Looking ahead, we can expect to see further premiumisation. Late last year, for example, Bacardi announced that it was discontinuing its tequila-based coffee liqueur to focus on high-end pure tequila products. While the move was a loss to all who loved Patron XO Café (“Sorry to be the bearer of bad news but something truly terrible has happened”, opened one article in Cosmopolitan UK), it was representative of the direction of travel for the market.

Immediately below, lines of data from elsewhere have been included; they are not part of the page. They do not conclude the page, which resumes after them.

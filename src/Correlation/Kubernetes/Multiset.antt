-- ===== src/Correlation/Kubernetes/Multiset.antt =====
-- The events of the incidents of correlation/kubernetes.py, with how often each one stands there.
use cloud_native_threat_guar.Prelude.{
  ℕ, suc, ◌+◌, String, Bool, List, [], ◌∷◌, ◌++◌, ◌≡◌, refl, arith, count_if,
}
use cloud_native_threat_guar.Prelude.Sort.{insert, sort_by}
use cloud_native_threat_guar.Runtime.Events.{SecurityEvent, SecurityIncident}
use cloud_native_threat_guar.Correlation.Kubernetes.{
  group_key, Groups, add_event, group_events, incident_of, incidents_of, make_incidents,
  correlate_incidents,
}

-- How many of the events of the incidents pass a test.
abbrev pub event_count : (SecurityEvent → Bool) → List SecurityIncident → ℕ
event_count test [] = 0
event_count test (inc ∷ incidents) = count_if test inc.events + event_count test incidents

module _ (test : SecurityEvent → Bool) where
  count_if-append :
      (xs ys : List SecurityEvent) → count_if test (xs ++ ys) ≡ count_if test xs + count_if test ys
  count_if-append [] ys = omega arith
  count_if-append (x ∷ xs) ys = ground (arith, count_if-append xs ys)

  count_if-insert :
      (key : SecurityEvent → String) (x : SecurityEvent) (xs : List SecurityEvent)
      → count_if test (insert key x xs) ≡ count_if test (x ∷ xs)
  unfolding insert
  count_if-insert key x [] = refl
  count_if-insert key x (y ∷ ys) = ground (arith, count_if-insert key x ys)

  count_if-sort_by :
      (key : SecurityEvent → String) (xs : List SecurityEvent)
      → count_if test (sort_by key xs) ≡ count_if test xs
  unfolding sort_by
  count_if-sort_by key [] = refl
  count_if-sort_by key (x ∷ xs) =
      ground (arith, count_if-insert key x (sort_by key xs), count_if-sort_by key xs)

  abbrev grouped_count : Groups → ℕ
  grouped_count [] = 0
  grouped_count ((key, events) ∷ groups) = count_if test events + grouped_count groups

  add_event-count :
      (groups : Groups) (key : String) (ev : SecurityEvent)
      → grouped_count (add_event groups key ev) ≡ grouped_count groups + count_if test (ev ∷ [])
  unfolding add_event
  add_event-count [] key ev = omega arith
  add_event-count ((j, es) ∷ groups) key ev =
      ground (arith, add_event-count groups key ev, count_if-append es (ev ∷ []))

  group_events-count :
      (groups : Groups) (events : List SecurityEvent)
      → grouped_count (group_events groups events) ≡ grouped_count groups + count_if test events
  unfolding group_events
  group_events-count groups [] = omega arith
  group_events-count groups (ev ∷ events) = ground (
    arith,
    group_events-count (add_event groups (group_key ev) ev) events,
    add_event-count groups (group_key ev) ev,
  )

  event_count-append :
      (xs ys : List SecurityIncident)
      → event_count test (xs ++ ys) ≡ event_count test xs + event_count test ys
  event_count-append [] ys = omega arith
  event_count-append (x ∷ xs) ys = omega (arith, event_count-append xs ys)

  event_count-incidents_of :
      (incident_id created_at key : String) (events : List SecurityEvent)
      → event_count test (incidents_of incident_id created_at key events) ≡ count_if test events
  unfolding incident_of
  event_count-incidents_of incident_id created_at key [] = refl
  event_count-incidents_of incident_id created_at key (e ∷ events) = omega arith

  event_count-make_incidents :
      (fresh : ℕ → String × String) (n : ℕ) (groups : Groups)
      → event_count test (make_incidents fresh n groups) ≡ grouped_count groups
  unfolding make_incidents
  event_count-make_incidents fresh n [] = refl
  event_count-make_incidents fresh n ((key, events) ∷ groups) =
      let sorted : List SecurityEvent = sort_by (λ x. x.timestamp) events in
      omega (
        arith,
        event_count-append (incidents_of (fresh n).0 (fresh n).1 key sorted)
            (make_incidents fresh (suc n) groups),
        event_count-incidents_of (fresh n).0 (fresh n).1 key sorted,
        count_if-sort_by (λ x. x.timestamp) events,
        event_count-make_incidents fresh (suc n) groups,
      )

-- The incidents together hold the given events as a multiset: every test on events, that of being one event
-- included, holds of as many events of the incidents as of the given ones.
pub correlate_incidents_count :
    (fresh : ℕ → String × String) (events : List SecurityEvent) (test : SecurityEvent → Bool)
    → event_count test (correlate_incidents fresh events) ≡ count_if test events
unfolding correlate_incidents
correlate_incidents_count fresh events test = omega (
  arith,
  event_count-make_incidents test fresh 0 (group_events [] events),
  group_events-count test [] events,
)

The future certainly looks bright for the category. “Every bar and restaurant wants a tequila cocktail on the menu now,” reflected Jack, “and once it becomes habitual in the on-trade, we’ll see even more people drinking tequila at home. It feels like we’ve only just scratched the surface of what’s possible for market.”

Will tequila endure? While the promise that sticking to tequila guarantees a clear head in the morning can be (pardon the pun) taken with a pinch of salt, we are certainly seeing a new generation of category drinkers who are happy to spend on high-quality products. The drinks market has often been full of flash-in-pan fads – but my bet is this one is here to stay. Salud!